__WORK REQUEST__: From the records below, transcribe exactly the lines that begin at the line with "pub set_parent : Option" and end at the line with "child_by_name name n", both included.

########################################

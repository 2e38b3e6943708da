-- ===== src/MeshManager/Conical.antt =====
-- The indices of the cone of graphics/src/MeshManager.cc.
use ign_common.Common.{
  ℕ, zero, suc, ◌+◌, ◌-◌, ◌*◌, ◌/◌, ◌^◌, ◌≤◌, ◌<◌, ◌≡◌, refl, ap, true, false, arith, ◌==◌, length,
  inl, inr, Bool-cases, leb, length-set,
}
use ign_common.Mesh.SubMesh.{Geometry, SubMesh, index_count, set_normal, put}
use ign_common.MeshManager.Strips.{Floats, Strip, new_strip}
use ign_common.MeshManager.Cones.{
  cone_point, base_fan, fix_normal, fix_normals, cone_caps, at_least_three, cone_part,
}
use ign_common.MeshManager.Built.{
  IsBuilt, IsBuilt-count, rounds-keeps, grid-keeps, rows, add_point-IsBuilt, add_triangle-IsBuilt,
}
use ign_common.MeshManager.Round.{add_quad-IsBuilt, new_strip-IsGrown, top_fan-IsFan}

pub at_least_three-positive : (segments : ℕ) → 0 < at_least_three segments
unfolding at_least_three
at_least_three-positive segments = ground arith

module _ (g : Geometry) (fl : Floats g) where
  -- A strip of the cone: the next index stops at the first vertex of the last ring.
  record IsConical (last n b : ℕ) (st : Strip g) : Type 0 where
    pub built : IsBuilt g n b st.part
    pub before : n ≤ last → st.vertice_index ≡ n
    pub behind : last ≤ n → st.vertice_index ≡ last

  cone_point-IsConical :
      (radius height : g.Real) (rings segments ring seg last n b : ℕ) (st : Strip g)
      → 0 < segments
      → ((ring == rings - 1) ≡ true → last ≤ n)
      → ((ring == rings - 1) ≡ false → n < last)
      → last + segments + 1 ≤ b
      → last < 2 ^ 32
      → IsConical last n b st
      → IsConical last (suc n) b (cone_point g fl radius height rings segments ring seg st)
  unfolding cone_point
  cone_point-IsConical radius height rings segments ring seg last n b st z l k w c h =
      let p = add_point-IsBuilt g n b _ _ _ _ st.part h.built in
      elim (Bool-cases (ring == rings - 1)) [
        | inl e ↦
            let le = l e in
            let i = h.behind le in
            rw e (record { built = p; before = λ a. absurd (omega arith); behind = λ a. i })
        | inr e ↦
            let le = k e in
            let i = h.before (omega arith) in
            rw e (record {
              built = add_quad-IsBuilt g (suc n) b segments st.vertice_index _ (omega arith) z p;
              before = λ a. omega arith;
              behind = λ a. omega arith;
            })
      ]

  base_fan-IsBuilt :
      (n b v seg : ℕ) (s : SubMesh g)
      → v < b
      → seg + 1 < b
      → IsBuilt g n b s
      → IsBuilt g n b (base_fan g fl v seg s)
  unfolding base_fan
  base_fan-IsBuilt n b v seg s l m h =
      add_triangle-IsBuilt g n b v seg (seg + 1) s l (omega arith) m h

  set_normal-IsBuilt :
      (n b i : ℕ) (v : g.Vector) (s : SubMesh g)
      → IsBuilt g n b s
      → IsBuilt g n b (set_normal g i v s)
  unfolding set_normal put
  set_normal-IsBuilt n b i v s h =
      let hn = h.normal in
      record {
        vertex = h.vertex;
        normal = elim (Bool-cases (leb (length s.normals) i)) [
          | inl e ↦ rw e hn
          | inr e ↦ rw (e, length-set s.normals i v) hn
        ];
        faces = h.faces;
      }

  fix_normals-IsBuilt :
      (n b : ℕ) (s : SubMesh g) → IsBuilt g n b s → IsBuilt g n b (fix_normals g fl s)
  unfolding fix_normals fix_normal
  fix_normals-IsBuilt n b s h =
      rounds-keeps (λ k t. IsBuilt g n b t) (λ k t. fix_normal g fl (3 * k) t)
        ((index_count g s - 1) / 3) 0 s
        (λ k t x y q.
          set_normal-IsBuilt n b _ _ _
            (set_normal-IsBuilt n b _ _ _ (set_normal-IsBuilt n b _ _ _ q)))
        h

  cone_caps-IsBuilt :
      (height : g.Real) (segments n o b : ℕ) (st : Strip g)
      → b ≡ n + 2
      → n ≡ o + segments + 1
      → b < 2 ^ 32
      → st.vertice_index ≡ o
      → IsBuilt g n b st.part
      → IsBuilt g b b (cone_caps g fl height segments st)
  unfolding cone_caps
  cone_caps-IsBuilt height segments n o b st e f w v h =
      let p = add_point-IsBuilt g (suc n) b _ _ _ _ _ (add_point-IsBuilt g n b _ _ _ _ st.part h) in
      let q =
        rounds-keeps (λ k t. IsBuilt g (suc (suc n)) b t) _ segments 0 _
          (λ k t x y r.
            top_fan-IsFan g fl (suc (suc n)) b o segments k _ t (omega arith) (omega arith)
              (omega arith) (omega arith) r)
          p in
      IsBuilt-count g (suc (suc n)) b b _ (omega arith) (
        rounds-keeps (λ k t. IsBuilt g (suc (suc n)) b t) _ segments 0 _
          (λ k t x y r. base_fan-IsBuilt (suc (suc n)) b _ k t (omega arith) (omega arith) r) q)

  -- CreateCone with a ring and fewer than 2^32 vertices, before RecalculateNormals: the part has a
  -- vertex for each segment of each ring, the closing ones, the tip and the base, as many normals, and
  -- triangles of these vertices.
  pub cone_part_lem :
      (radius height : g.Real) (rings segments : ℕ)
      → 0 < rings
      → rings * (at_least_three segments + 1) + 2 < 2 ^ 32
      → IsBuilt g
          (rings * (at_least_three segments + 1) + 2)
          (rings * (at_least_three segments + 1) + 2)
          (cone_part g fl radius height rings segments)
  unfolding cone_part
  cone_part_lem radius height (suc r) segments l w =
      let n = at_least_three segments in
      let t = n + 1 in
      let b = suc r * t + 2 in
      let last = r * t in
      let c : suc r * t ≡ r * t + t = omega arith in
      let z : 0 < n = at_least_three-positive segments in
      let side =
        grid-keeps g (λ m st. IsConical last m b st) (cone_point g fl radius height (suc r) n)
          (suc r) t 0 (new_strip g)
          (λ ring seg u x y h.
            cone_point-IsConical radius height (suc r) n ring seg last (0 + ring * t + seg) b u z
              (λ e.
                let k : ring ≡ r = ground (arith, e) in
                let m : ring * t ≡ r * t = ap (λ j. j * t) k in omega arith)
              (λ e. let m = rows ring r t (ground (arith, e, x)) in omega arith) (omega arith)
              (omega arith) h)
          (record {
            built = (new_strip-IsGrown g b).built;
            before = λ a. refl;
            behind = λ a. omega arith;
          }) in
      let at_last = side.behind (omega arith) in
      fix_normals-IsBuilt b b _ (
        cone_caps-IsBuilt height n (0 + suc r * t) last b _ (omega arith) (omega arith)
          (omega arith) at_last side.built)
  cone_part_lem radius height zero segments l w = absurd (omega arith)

########################################

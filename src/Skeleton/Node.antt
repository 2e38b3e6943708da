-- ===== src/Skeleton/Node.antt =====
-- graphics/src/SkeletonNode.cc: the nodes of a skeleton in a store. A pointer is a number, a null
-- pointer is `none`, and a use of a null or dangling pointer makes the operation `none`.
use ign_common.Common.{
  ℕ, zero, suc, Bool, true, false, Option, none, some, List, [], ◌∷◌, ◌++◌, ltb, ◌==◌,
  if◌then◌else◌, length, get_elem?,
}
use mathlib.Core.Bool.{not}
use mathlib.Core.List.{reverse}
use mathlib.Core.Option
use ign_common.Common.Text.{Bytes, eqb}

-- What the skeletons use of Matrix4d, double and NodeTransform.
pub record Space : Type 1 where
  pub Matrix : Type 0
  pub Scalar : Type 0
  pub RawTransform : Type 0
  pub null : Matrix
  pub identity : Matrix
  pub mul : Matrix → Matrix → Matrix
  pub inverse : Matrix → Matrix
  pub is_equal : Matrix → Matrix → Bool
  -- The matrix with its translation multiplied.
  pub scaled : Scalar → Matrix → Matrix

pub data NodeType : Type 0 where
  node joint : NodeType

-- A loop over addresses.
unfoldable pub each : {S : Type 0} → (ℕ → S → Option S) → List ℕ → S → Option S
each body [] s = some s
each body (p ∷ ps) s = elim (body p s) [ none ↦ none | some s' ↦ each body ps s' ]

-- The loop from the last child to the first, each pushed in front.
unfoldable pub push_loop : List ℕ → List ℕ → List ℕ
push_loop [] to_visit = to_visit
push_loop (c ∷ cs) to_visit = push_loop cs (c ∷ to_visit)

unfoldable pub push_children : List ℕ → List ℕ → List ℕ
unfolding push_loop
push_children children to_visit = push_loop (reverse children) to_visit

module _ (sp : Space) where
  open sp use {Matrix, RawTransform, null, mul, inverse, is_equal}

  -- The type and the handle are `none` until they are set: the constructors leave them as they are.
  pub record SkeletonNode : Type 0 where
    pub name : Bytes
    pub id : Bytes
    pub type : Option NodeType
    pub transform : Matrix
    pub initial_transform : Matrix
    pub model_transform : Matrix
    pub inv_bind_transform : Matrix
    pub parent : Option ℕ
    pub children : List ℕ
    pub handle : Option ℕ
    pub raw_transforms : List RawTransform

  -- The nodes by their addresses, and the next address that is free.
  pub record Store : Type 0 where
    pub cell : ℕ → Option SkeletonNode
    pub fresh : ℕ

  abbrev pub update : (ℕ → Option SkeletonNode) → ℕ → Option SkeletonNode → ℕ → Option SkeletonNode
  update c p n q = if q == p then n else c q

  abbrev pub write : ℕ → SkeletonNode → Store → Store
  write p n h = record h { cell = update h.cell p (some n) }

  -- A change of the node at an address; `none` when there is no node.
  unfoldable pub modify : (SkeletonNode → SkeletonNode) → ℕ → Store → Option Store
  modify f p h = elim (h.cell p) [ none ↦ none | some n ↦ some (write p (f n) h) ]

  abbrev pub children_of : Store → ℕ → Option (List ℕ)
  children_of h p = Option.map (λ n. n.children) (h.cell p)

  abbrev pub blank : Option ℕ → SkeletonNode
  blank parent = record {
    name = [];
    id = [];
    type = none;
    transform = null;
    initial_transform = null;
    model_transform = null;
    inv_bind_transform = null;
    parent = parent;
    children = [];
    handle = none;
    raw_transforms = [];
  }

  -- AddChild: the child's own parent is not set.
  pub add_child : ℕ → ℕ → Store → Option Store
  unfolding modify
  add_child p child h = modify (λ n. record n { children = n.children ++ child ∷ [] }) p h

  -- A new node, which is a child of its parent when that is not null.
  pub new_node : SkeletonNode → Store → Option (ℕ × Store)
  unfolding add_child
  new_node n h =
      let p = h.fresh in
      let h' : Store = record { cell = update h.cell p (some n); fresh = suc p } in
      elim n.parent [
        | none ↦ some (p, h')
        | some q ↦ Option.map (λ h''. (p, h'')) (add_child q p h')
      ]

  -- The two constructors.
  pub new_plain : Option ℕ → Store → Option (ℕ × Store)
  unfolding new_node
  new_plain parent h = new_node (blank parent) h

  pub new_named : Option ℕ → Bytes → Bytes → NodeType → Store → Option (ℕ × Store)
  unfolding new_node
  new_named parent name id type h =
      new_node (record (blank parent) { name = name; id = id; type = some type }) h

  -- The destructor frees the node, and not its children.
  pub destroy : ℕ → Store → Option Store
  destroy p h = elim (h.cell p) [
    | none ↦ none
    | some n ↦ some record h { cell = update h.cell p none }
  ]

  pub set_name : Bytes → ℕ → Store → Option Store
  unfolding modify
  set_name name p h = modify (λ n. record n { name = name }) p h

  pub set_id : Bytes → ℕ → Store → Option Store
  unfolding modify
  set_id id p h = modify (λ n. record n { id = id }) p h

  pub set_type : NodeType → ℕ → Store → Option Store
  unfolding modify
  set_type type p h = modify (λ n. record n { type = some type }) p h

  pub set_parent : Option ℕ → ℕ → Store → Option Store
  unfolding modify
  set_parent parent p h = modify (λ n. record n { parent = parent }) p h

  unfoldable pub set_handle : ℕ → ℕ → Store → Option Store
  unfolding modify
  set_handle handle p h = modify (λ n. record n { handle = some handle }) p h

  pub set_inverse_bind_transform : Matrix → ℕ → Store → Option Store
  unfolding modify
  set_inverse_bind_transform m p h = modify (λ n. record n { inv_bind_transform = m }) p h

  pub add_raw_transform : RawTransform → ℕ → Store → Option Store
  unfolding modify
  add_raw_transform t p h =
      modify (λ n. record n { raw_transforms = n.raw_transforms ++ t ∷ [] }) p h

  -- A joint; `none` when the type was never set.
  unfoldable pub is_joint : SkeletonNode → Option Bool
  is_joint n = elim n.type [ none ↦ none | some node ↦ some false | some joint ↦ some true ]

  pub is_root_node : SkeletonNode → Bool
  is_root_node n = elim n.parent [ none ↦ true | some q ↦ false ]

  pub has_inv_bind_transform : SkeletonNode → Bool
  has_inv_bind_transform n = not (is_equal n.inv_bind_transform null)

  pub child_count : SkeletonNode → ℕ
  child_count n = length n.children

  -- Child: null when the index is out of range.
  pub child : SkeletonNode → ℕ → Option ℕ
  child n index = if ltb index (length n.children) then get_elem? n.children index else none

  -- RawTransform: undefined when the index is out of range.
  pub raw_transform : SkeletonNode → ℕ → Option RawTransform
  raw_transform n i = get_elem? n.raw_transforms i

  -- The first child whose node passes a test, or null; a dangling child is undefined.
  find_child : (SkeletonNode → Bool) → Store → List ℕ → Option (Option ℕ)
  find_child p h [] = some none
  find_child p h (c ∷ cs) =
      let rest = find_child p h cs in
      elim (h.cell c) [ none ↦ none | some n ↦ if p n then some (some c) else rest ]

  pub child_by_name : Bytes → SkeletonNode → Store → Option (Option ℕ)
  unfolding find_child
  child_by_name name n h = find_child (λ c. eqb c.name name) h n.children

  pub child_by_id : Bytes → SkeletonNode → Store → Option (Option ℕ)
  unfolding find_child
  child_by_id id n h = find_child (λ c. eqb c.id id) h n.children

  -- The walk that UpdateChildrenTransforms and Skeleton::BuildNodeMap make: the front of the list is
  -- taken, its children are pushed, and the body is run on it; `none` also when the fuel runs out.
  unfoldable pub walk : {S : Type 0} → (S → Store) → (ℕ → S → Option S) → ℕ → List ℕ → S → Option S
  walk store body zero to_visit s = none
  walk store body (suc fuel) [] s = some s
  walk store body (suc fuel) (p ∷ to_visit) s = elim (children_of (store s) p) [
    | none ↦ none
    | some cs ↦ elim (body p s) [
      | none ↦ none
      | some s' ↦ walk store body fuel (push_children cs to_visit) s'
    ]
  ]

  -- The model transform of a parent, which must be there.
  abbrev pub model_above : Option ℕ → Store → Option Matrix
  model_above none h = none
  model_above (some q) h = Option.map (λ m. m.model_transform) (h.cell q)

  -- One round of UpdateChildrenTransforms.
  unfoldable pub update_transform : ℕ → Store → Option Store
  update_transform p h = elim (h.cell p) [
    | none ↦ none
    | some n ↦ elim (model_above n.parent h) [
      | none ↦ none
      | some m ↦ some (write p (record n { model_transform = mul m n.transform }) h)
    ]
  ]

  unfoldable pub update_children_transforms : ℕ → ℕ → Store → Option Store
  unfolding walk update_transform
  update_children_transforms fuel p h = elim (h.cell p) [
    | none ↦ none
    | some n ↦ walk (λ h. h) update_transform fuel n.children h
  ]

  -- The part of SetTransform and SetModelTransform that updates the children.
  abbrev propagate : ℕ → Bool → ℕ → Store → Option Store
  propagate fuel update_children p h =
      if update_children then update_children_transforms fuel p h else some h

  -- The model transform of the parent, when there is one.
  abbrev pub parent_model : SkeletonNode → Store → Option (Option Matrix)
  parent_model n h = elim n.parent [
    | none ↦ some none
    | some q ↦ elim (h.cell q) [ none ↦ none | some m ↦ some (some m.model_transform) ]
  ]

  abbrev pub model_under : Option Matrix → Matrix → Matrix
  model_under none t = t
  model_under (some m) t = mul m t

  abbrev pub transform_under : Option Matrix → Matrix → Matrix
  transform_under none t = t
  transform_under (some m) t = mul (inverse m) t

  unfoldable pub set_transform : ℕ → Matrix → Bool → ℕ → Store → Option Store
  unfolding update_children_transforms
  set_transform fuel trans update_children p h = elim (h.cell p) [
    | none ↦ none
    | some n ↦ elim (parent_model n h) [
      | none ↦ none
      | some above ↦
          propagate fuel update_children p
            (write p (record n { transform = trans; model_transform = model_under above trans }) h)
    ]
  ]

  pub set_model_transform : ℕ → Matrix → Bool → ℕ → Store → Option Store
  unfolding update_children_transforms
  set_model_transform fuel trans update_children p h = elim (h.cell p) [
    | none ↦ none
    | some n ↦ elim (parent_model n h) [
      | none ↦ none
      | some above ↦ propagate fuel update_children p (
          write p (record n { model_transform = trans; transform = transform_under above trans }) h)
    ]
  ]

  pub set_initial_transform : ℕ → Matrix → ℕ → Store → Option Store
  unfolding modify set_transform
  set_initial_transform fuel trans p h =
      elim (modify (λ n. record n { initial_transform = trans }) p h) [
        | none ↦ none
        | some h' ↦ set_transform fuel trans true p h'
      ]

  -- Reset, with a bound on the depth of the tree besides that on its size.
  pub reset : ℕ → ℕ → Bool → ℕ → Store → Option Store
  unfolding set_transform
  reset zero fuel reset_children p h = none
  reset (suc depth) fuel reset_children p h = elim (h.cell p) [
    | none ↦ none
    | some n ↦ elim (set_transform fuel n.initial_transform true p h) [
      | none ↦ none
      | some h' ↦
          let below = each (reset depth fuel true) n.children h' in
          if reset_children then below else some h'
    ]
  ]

########################################

__SOLVED PROBLEM__:
  pub set_parent : Option ℕ → ℕ → Store → Option Store
  unfolding modify
  set_parent parent p h = modify (λ n. record n { parent = parent }) p h

  unfoldable pub set_handle : ℕ → ℕ → Store → Option Store
  unfolding modify
  set_handle handle p h = modify (λ n. record n { handle = some handle }) p h

  pub set_inverse_bind_transform : Matrix → ℕ → Store → Option Store
  unfolding modify
  set_inverse_bind_transform m p h = modify (λ n. record n { inv_bind_transform = m }) p h

  pub add_raw_transform : RawTransform → ℕ → Store → Option Store
  unfolding modify
  add_raw_transform t p h =
      modify (λ n. record n { raw_transforms = n.raw_transforms ++ t ∷ [] }) p h

  -- A joint; `none` when the type was never set.
  unfoldable pub is_joint : SkeletonNode → Option Bool
  is_joint n = elim n.type [ none ↦ none | some node ↦ some false | some joint ↦ some true ]

  pub is_root_node : SkeletonNode → Bool
  is_root_node n = elim n.parent [ none ↦ true | some q ↦ false ]

  pub has_inv_bind_transform : SkeletonNode → Bool
  has_inv_bind_transform n = not (is_equal n.inv_bind_transform null)

  pub child_count : SkeletonNode → ℕ
  child_count n = length n.children

  -- Child: null when the index is out of range.
  pub child : SkeletonNode → ℕ → Option ℕ
  child n index = if ltb index (length n.children) then get_elem? n.children index else none

  -- RawTransform: undefined when the index is out of range.
  pub raw_transform : SkeletonNode → ℕ → Option RawTransform
  raw_transform n i = get_elem? n.raw_transforms i

  -- The first child whose node passes a test, or null; a dangling child is undefined.
  find_child : (SkeletonNode → Bool) → Store → List ℕ → Option (Option ℕ)
  find_child p h [] = some none
  find_child p h (c ∷ cs) =
      let rest = find_child p h cs in
      elim (h.cell c) [ none ↦ none | some n ↦ if p n then some (some c) else rest ]

  pub child_by_name : Bytes → SkeletonNode → Store → Option (Option ℕ)
  unfolding find_child
  child_by_name name n h = find_child (λ c. eqb c.name name) h n.children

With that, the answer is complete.